Pour les puissances mondiales, le différend représente un échec à renforcer les normes internationales contre la prolifération, laissant la porte ouverte à une instabilité future. Le coût économique des sanctions continues et des actions militaires continue également de peser lourdement sur la population iranienne. Points clés à retenir : - Les États-Unis et l'Iran n'ont pas réussi à s'entendre sur la durée de l'enrichissement d'uranium, bloquant les pourparlers de cessez-le-feu à Islamabad. - Washington cherche un arrêt de l'enrichissement de 20 ans, tandis que Téhéran propose une suspension de cinq ans. - L'Iran détient actuellement 440 kg d'uranium enrichi à 60 %, théoriquement suffisant pour plus de 10 ogives. - Le différend reflète un processus de négociation, les deux parties cherchant un « meilleur accord » que le JCPOA de 2015.
L'attention immédiate se tourne maintenant vers la question de savoir si le Pakistan peut réussir à négocier une deuxième série de pourparlers. Les canaux diplomatiques restent ouverts, mais la différence significative dans la durée de l'enrichissement représente une barrière formidable. Les observateurs surveilleront attentivement tout signe de Washington ou de Téhéran indiquant une volonté de compromis sur cette question centrale.
L'état des installations nucléaires endommagées de l'Iran et le statut de ses stocks d'uranium enrichi resteront également des points critiques de l'examen international.
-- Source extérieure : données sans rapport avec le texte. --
-- ===== src/Dial/Incremental.antt =====
-- connect_dial_incremental.go, `dialTCPIncremental`: the lookups, the attempts, the clock and the
-- scheduler's loop as interleaved steps. Times are milliseconds. `E` is the type of the errors, with
-- `errTCPDialFailed` and `context.Canceled` among them.
pub mod Steps
pub mod Owners
pub mod Spacing
pub mod Starts
pub mod Order
mod Tests
use forwardproxy.Acl.{AclRule}
use forwardproxy.Base.{
  ℕ, zero, suc, ◌+◌, ◌-◌, Bool, true, false, ◌&&◌, List, [], ◌∷◌, Option, none, some, Bytes, leb,
  ltb, ◌==◌, if◌then◌else◌,
}
use forwardproxy.Dial.Feed.{
  Advanced, Feed, FinalError, Lookup, advance, candidate, close_feed, final_error, idle, new_feed,
  resolve,
}
use forwardproxy.Dial.Interleave.{Family, Network, v4, v6}
use forwardproxy.Dial.Pool.{
  Pool, Result, close_conn, dial_ends, drop_attempt, empty_pool, failed, launch, made, offered,
  take_result,
}
use forwardproxy.Std.Net.{IpText, bad_address, host_port, split_host_port, to4}
use mathlib.Core.Option.{Option}
use Prim.Native.Nat.{max}

abbrev pub fallback_delay : ℕ
fallback_delay = 250

abbrev pub minimum_delay : ℕ
minimum_delay = 100

-- What the call returns with.
pub data Ended (E : Type 0) : Type 0 where
  won : ℕ → Ended E
  gave_up : FinalError E → Ended E
  context_ended : E → Ended E

-- Where the scheduler is: at the head of its loop, in its select, or gone.
pub data Place (E : Type 0) : Type 0 where
  checking choosing : Place E
  returned : Ended E → Place E

pub record Race (E : Type 0) : Type 0 where
  pub feed : Feed E
  -- Whether each family's lookup has ended.
  pub found_v4 : Bool
  pub found_v6 : Bool
  pub pool : Pool E
  pub place : Place E
  pub clock : ℕ
  pub context_error : Option E
  pub started : ℕ
  pub pending : ℕ
  pub last_start : ℕ
  pub last_family : Option Family
  pub last_err : Option E
  -- `nextReadyAt`, `none` for the zero time, and when the timer fires, `none` where it is stopped.
  pub ready_at : Option ℕ
  pub timer : Option ℕ
  -- The starts with their times, the newest first.
  pub starts : List (Bytes × ℕ)

pub data Action (E : Type 0) : Type 0 where
  passes : ℕ → Action E
  cancels : E → Action E
  -- The lookup of a family returns; after both, the feed is closed.
  looks_up : Family → Lookup E → Action E
  closes_feed : Action E
  -- An attempt's dial returns; an attempt meets the context's end.
  ends_dial : ℕ → Option ℕ → Option E → Option E → Action E
  drops : ℕ → Action E
  -- The head of the loop, with the time from its test to the start; the cases of the select.
  checks : ℕ → Action E
  sees_end wakes fires : Action E
  receives : ℕ → Action E

abbrev pub is_due : Option ℕ → ℕ → Bool
is_due none clock = true
is_due (some t) clock = leb t clock

-- `familyByte`, `none` for 0.
unfoldable pub family_byte : IpText → Bytes → Option Family
family_byte text address = elim (split_host_port address) [
  | bad_address _ ↦ none
  | host_port host _ ↦ elim (text.parse_ip host) [
    | none ↦ some v6
    | some ip ↦ elim (to4 ip) [ none ↦ some v6 | some _ ↦ some v4 ]
  ]
]

module _ {E : Type 0} where
  abbrev pub new_race : Option E → Race E
  new_race context_error = record {
    feed = new_feed;
    found_v4 = false;
    found_v6 = false;
    pool = empty_pool;
    place = checking;
    clock = 0;
    context_error = context_error;
    started = 0;
    pending = 0;
    last_start = 0;
    last_family = none;
    last_err = none;
    ready_at = none;
    timer = none;
    starts = [];
  }

  abbrev pub or_canceled : E → Option E → Option E
  or_canceled canceled none = some canceled
  or_canceled canceled (some e) = some e

  -- The return: the deferred `cancel` ends the context that the attempts share.
  unfoldable pub finish : E → Ended E → Race E → Race E
  finish canceled out r = record r {
    place = returned out;
    context_error = or_canceled canceled r.context_error;
  }

  -- The body of the loop for a candidate, `delay` after the test.
  unfoldable pub start : IpText → ℕ → Bytes → Race E → Race E
  start text delay address r =
      let now = r.clock + delay in
      record r {
        place = checking;
        clock = now;
        pool = launch r.pool;
        started = r.started + 1;
        pending = r.pending + 1;
        last_start = now;
        last_family = family_byte text address;
        ready_at = some (now + fallback_delay);
        timer = some (now + fallback_delay);
        starts = (address, now) ∷ r.starts;
      }

  start_if : E → IpText → ℕ → Bytes → Option E → Race E → Race E
  unfolding start finish
  start_if canceled text delay address none r = start text delay address r
  start_if canceled text delay address (some e) r = finish canceled (context_ended e) r

  advanced : E → IpText → ℕ → Advanced E → Race E → Race E
  unfolding start_if finish
  advanced canceled text delay (candidate address feed) r =
      start_if canceled text delay address r.context_error (record r { feed = feed })
  advanced canceled text delay (idle closed empty) r =
      if closed && empty && r.pending == 0
      then finish canceled (gave_up (final_error r.feed r.started r.last_err)) r
      else record r { place = choosing }

  unfoldable pub check : E → IpText → ℕ → Race E → Race E
  unfolding advanced
  check canceled text delay r =
      advanced canceled text delay (advance (is_due r.ready_at r.clock) r.last_family r.feed) r

  -- A failed result shortens the window to 100 ms from the last start.
  shorten : ℕ → Option ℕ → Race E → Race E
  shorten ready none r = record r { place = checking }
  shorten ready (some t) r =
      if ltb ready t
      then record r { place = checking; ready_at = some ready; timer = some (max r.clock ready) }
      else record r { place = checking }

  receive_made : E → ℕ → Option E → Race E → Race E
  unfolding finish
  receive_made canceled c none r = finish canceled (won c) r
  receive_made canceled c (some e) r =
      finish canceled (context_ended e) (record r { pool = close_conn c r.pool })

  receive : E → ℕ → Option (Result E) → Race E → Race E
  unfolding receive_made shorten
  receive canceled i none r = r
  receive canceled i (some (made c)) r =
      receive_made canceled c r.context_error
        (record r { pool = take_result i r.pool; pending = r.pending - 1 })
  receive canceled i (some (failed e)) r =
      shorten (r.last_start + minimum_delay) r.ready_at
        (record r { pool = take_result i r.pool; pending = r.pending - 1; last_err = some e })

  see_end : E → Option E → Race E → Race E
  unfolding finish
  see_end canceled none r = r
  see_end canceled (some e) r = finish canceled (context_ended e) r

  wake : Bool → Race E → Race E
  wake false r = r
  wake true r = record r { place = checking; feed = record r.feed { wake = false } }

  fire : Option ℕ → Race E → Race E
  fire none r = r
  fire (some t) r = if leb t r.clock then record r { place = checking; timer = none } else r

  -- A step of the scheduler acts where the scheduler stands there.
  unfoldable pub at_checking : Place E → Race E → Race E → Race E
  at_checking checking next r = next
  at_checking choosing next r = r
  at_checking (returned out) next r = r

  unfoldable pub at_choosing : Place E → Race E → Race E → Race E
  at_choosing checking next r = r
  at_choosing choosing next r = next
  at_choosing (returned out) next r = r

  -- A lookup returns once.
  unfoldable pub unless : Bool → Race E → Race E → Race E
  unless true next r = r
  unless false next r = next

  drop_if : ℕ → Option E → Race E → Race E
  drop_if i none r = r
  drop_if i (some e) r = record r { pool = drop_attempt i r.pool }

  close_if : Bool → Race E → Race E
  close_if true r = record r { feed = close_feed r.feed }
  close_if false r = r

  module _ (text : IpText) (rules : List AclRule) (network : Network) (host port : Bytes) where
    look_up : Family → Lookup E → Race E → Race E
    unfolding unless
    look_up v4 found r =
        unless r.found_v4
          (record r {
            found_v4 = true;
            feed = resolve text rules network host port v4 found r.feed;
          })
          r
    look_up v6 found r =
        unless r.found_v6
          (record r {
            found_v6 = true;
            feed = resolve text rules network host port v6 found r.feed;
          })
          r

    module _ (unconnected canceled : E) where
      unfoldable pub step : Race E → Action E → Race E
      unfolding check receive see_end wake fire at_checking at_choosing look_up drop_if close_if
      step r (passes d) = record r { clock = r.clock + d }
      step r (cancels e) = record r { context_error = or_canceled e r.context_error }
      step r (looks_up family found) = look_up family found r
      step r closes_feed = close_if (r.found_v4 && r.found_v6) r
      step r (ends_dial i conn err attempt_err) = record r {
        pool = dial_ends unconnected i conn err attempt_err r.pool;
      }
      step r (drops i) = drop_if i r.context_error r
      step r (checks delay) = at_checking r.place (check canceled text delay r) r
      step r sees_end = at_choosing r.place (see_end canceled r.context_error r) r
      step r wakes = at_choosing r.place (wake r.feed.wake r) r
      step r fires = at_choosing r.place (fire r.timer r) r
      step r (receives i) = at_choosing r.place (receive canceled i (offered i r.pool) r) r

      unfoldable pub run : Race E → List (Action E) → Race E
      run r [] = r
      run r (a ∷ actions) = run (step r a) actions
Toute nouvelle action militaire ou escalade des sanctions pourrait compliquer davantage les futures négociations, repoussant potentiellement une résolution globale hors de portée.
Points clés à retenir
— - Les États-Unis et l'Iran n'ont pas réussi à s'entendre sur la durée de l'enrichissement d'uranium, bloquant les pourparlers de cessez-le-feu à Islamabad.
— - Washington cherche un arrêt de l'enrichissement de 20 ans, tandis que Téhéran propose une suspension de cinq ans.
— - L'Iran détient actuellement 440 kg d'uranium enrichi à 60 %, théoriquement suffisant pour plus de 10 ogives.
— - Le différend reflète un processus de négociation, les deux parties cherchant un « meilleur accord » que le JCPOA de 2015.